_WHAT YOU NEED TO DO_. From the data below, set down exactly the lines between the one holding "len_left = omega" and the one holding "len_right = omega", inclusive, and no others.

_GIVEN ENTRIES_.

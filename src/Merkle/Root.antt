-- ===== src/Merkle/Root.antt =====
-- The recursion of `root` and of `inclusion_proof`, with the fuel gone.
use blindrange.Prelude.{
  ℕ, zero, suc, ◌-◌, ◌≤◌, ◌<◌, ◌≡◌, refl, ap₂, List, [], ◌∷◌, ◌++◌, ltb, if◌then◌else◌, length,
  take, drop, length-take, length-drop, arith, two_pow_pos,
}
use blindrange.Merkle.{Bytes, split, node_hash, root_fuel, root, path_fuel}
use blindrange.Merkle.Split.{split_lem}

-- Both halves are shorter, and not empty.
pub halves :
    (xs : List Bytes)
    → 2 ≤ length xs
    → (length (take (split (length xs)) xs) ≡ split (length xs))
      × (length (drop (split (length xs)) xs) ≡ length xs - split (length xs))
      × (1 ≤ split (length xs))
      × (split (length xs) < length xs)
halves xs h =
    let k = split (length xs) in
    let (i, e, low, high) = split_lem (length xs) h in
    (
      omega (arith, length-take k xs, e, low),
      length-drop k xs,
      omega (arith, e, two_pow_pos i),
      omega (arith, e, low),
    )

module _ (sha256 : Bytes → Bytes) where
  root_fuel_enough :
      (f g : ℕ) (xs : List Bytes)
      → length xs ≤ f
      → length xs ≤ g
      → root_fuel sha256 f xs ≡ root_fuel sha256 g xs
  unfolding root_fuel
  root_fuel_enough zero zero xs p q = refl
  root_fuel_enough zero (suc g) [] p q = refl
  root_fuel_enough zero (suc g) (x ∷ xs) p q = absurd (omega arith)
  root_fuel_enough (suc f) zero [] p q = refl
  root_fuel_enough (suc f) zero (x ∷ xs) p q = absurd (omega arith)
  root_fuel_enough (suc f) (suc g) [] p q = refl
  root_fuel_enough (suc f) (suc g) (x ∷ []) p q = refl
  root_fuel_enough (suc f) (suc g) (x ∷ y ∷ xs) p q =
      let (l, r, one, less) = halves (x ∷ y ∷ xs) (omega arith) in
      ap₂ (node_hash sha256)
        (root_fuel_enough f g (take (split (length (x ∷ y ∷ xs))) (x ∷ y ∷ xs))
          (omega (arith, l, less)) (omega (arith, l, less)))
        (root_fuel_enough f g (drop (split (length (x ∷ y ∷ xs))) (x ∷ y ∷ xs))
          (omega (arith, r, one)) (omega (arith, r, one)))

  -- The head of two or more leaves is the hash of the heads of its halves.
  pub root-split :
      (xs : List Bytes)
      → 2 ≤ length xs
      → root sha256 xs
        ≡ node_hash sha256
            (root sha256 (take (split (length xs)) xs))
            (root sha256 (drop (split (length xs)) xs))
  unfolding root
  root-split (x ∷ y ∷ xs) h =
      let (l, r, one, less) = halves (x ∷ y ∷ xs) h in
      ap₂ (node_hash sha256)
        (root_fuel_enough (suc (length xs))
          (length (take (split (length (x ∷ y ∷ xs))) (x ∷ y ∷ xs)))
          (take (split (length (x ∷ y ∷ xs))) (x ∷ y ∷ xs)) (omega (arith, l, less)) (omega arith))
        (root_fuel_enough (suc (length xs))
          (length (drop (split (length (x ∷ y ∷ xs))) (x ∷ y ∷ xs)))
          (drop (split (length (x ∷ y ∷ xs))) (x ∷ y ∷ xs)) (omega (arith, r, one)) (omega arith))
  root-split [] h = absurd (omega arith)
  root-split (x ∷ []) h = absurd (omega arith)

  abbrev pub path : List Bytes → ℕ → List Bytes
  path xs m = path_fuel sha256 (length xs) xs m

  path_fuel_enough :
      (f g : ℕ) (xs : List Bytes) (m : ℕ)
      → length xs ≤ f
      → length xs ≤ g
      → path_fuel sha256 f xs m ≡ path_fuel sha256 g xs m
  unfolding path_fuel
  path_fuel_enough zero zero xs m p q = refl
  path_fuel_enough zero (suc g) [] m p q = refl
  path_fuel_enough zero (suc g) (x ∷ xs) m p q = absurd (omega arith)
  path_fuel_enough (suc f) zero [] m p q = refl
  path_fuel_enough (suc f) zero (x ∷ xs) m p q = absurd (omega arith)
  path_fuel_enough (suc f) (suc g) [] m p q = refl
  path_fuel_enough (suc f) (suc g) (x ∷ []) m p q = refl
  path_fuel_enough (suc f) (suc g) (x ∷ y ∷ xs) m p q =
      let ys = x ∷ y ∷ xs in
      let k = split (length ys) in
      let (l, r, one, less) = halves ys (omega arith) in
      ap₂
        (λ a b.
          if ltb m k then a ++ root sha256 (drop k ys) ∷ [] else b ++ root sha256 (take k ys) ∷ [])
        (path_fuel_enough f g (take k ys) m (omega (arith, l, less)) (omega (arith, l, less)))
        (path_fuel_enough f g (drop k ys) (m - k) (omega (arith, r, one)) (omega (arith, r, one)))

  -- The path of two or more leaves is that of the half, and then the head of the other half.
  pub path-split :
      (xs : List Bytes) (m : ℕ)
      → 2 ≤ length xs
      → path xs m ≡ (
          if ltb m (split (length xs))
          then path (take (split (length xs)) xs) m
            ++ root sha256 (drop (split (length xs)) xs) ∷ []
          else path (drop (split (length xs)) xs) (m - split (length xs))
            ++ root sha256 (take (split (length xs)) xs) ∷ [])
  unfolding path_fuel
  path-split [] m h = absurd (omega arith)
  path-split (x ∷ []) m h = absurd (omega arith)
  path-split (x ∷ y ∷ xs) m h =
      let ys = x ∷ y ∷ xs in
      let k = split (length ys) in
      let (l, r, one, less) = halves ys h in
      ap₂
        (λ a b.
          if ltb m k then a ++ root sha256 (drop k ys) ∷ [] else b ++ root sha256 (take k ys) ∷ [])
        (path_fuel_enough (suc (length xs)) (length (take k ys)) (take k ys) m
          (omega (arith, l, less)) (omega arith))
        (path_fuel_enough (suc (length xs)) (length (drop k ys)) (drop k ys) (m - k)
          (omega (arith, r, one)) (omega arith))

...

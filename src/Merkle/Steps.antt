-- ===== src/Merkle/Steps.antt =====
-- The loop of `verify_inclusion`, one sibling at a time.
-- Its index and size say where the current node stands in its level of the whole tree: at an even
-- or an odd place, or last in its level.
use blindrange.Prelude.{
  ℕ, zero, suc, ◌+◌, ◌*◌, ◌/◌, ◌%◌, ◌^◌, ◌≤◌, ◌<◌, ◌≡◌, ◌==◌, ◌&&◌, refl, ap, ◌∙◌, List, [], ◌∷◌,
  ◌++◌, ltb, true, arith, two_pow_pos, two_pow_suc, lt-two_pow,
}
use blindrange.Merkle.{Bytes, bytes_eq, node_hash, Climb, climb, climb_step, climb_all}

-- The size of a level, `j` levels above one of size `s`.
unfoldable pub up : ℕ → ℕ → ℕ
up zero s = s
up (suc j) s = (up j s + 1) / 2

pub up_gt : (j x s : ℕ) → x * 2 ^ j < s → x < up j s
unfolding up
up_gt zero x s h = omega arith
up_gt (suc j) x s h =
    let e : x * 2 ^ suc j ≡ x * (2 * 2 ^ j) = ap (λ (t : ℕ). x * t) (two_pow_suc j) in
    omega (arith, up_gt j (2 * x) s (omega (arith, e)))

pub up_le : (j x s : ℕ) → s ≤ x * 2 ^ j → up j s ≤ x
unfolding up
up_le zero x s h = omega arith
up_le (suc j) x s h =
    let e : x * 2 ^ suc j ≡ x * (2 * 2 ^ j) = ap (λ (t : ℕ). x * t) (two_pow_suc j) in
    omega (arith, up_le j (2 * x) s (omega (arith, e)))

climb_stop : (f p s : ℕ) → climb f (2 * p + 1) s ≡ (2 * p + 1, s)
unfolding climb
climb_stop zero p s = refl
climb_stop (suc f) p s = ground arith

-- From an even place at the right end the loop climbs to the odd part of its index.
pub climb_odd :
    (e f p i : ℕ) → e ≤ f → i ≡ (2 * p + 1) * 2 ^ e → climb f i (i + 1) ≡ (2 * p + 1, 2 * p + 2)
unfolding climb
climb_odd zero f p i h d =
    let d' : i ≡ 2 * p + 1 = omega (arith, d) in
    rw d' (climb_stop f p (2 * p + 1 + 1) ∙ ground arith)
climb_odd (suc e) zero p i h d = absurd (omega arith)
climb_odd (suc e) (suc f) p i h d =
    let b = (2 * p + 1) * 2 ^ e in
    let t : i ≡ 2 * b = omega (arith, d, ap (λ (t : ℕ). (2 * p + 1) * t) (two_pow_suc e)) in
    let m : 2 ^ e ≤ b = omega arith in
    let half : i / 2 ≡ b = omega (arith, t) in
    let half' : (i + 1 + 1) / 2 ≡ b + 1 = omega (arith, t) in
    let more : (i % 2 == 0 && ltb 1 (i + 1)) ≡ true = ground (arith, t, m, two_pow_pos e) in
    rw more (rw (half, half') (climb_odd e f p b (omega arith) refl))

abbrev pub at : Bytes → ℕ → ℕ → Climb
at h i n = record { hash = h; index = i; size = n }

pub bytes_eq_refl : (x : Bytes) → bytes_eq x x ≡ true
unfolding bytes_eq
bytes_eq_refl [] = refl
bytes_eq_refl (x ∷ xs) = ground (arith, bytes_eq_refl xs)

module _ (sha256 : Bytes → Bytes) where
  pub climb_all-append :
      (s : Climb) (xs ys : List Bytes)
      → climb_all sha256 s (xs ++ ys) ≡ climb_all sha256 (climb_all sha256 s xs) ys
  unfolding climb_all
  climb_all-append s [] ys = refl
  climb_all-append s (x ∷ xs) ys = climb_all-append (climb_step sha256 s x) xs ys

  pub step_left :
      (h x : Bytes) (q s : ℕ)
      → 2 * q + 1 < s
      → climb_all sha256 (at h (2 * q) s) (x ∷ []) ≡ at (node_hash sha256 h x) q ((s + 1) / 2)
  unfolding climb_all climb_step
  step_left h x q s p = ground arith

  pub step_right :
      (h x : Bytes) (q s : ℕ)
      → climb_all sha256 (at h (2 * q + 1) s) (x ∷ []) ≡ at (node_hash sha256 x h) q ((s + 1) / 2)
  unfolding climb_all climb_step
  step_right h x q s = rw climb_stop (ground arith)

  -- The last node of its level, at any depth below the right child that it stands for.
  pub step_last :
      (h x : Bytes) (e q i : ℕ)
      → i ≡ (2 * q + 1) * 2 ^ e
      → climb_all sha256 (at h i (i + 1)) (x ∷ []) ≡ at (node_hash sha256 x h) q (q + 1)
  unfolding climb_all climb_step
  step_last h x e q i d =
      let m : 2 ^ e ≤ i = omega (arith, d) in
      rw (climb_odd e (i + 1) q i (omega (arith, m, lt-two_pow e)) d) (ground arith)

--

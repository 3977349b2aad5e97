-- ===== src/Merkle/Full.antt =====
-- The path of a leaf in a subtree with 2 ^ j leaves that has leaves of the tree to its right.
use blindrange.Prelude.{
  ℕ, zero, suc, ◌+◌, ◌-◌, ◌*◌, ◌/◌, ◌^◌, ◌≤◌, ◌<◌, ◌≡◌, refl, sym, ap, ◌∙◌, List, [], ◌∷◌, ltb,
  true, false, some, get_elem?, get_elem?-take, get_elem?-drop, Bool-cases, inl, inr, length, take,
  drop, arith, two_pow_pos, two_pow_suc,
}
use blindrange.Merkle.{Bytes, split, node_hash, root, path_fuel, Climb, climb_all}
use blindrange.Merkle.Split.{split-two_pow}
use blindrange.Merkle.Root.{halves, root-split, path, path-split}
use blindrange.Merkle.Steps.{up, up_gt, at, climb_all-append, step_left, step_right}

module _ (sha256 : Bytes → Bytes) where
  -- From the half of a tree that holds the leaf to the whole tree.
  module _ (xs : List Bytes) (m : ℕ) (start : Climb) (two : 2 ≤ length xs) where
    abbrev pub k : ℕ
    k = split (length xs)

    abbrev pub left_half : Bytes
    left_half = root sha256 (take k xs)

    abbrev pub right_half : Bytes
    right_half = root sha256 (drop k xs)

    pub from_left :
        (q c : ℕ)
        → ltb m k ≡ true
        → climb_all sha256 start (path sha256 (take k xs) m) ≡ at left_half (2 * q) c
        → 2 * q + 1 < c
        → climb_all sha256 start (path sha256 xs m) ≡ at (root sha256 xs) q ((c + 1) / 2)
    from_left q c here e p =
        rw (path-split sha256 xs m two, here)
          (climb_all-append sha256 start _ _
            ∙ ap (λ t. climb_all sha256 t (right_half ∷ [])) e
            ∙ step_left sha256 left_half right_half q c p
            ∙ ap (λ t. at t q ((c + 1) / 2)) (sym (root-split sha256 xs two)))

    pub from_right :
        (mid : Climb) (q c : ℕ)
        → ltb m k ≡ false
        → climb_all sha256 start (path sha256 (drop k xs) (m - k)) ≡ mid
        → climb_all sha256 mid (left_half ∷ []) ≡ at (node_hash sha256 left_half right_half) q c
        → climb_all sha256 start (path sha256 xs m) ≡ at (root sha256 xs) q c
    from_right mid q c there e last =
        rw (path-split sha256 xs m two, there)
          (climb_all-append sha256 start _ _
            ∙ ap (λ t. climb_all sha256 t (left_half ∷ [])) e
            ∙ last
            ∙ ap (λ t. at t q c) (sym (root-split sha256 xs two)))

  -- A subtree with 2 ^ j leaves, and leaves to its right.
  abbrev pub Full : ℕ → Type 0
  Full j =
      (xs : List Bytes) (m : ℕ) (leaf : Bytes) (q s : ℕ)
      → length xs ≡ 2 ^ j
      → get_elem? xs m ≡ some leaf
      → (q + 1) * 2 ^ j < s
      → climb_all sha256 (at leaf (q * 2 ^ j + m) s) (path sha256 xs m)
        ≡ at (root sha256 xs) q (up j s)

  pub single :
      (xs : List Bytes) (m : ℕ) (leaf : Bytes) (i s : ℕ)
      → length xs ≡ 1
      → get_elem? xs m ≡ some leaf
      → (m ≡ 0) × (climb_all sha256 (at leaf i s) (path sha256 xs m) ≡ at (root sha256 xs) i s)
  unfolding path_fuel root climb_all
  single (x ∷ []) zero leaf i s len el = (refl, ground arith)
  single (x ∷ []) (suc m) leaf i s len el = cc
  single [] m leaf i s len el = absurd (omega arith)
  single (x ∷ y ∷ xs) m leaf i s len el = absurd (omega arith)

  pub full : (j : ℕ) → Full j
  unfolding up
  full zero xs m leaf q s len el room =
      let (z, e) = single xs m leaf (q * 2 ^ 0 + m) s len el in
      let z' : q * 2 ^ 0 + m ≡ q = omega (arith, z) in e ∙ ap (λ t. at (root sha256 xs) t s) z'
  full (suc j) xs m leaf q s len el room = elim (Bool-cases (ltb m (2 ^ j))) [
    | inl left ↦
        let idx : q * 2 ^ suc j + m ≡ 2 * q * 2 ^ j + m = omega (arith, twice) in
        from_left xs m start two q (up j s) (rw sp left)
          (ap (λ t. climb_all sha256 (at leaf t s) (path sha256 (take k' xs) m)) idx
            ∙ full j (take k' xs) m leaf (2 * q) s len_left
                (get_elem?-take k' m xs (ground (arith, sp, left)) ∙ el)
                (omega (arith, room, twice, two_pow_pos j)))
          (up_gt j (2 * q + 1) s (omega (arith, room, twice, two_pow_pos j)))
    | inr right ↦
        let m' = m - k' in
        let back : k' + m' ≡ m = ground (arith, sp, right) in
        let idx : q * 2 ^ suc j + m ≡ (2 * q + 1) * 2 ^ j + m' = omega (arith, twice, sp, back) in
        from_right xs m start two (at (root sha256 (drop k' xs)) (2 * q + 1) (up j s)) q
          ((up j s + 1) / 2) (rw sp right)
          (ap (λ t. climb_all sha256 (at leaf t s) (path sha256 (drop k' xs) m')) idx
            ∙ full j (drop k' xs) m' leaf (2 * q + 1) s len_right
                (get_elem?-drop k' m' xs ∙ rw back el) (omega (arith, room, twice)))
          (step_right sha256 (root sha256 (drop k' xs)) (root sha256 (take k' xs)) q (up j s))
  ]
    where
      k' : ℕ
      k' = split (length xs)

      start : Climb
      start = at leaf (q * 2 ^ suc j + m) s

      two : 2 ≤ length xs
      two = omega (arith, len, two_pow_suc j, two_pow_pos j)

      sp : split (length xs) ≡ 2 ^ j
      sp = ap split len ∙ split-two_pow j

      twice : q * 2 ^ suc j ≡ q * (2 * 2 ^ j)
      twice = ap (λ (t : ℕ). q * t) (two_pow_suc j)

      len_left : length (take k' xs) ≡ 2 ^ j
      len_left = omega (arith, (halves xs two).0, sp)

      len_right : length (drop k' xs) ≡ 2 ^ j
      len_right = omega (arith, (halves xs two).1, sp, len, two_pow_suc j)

_PROBLEM SOLUTION_.
      len_left = omega (arith, (halves xs two).0, sp)

      len_right : length (drop k' xs) ≡ 2 ^ j
      len_right = omega (arith, (halves xs two).1, sp, len, two_pow_suc j)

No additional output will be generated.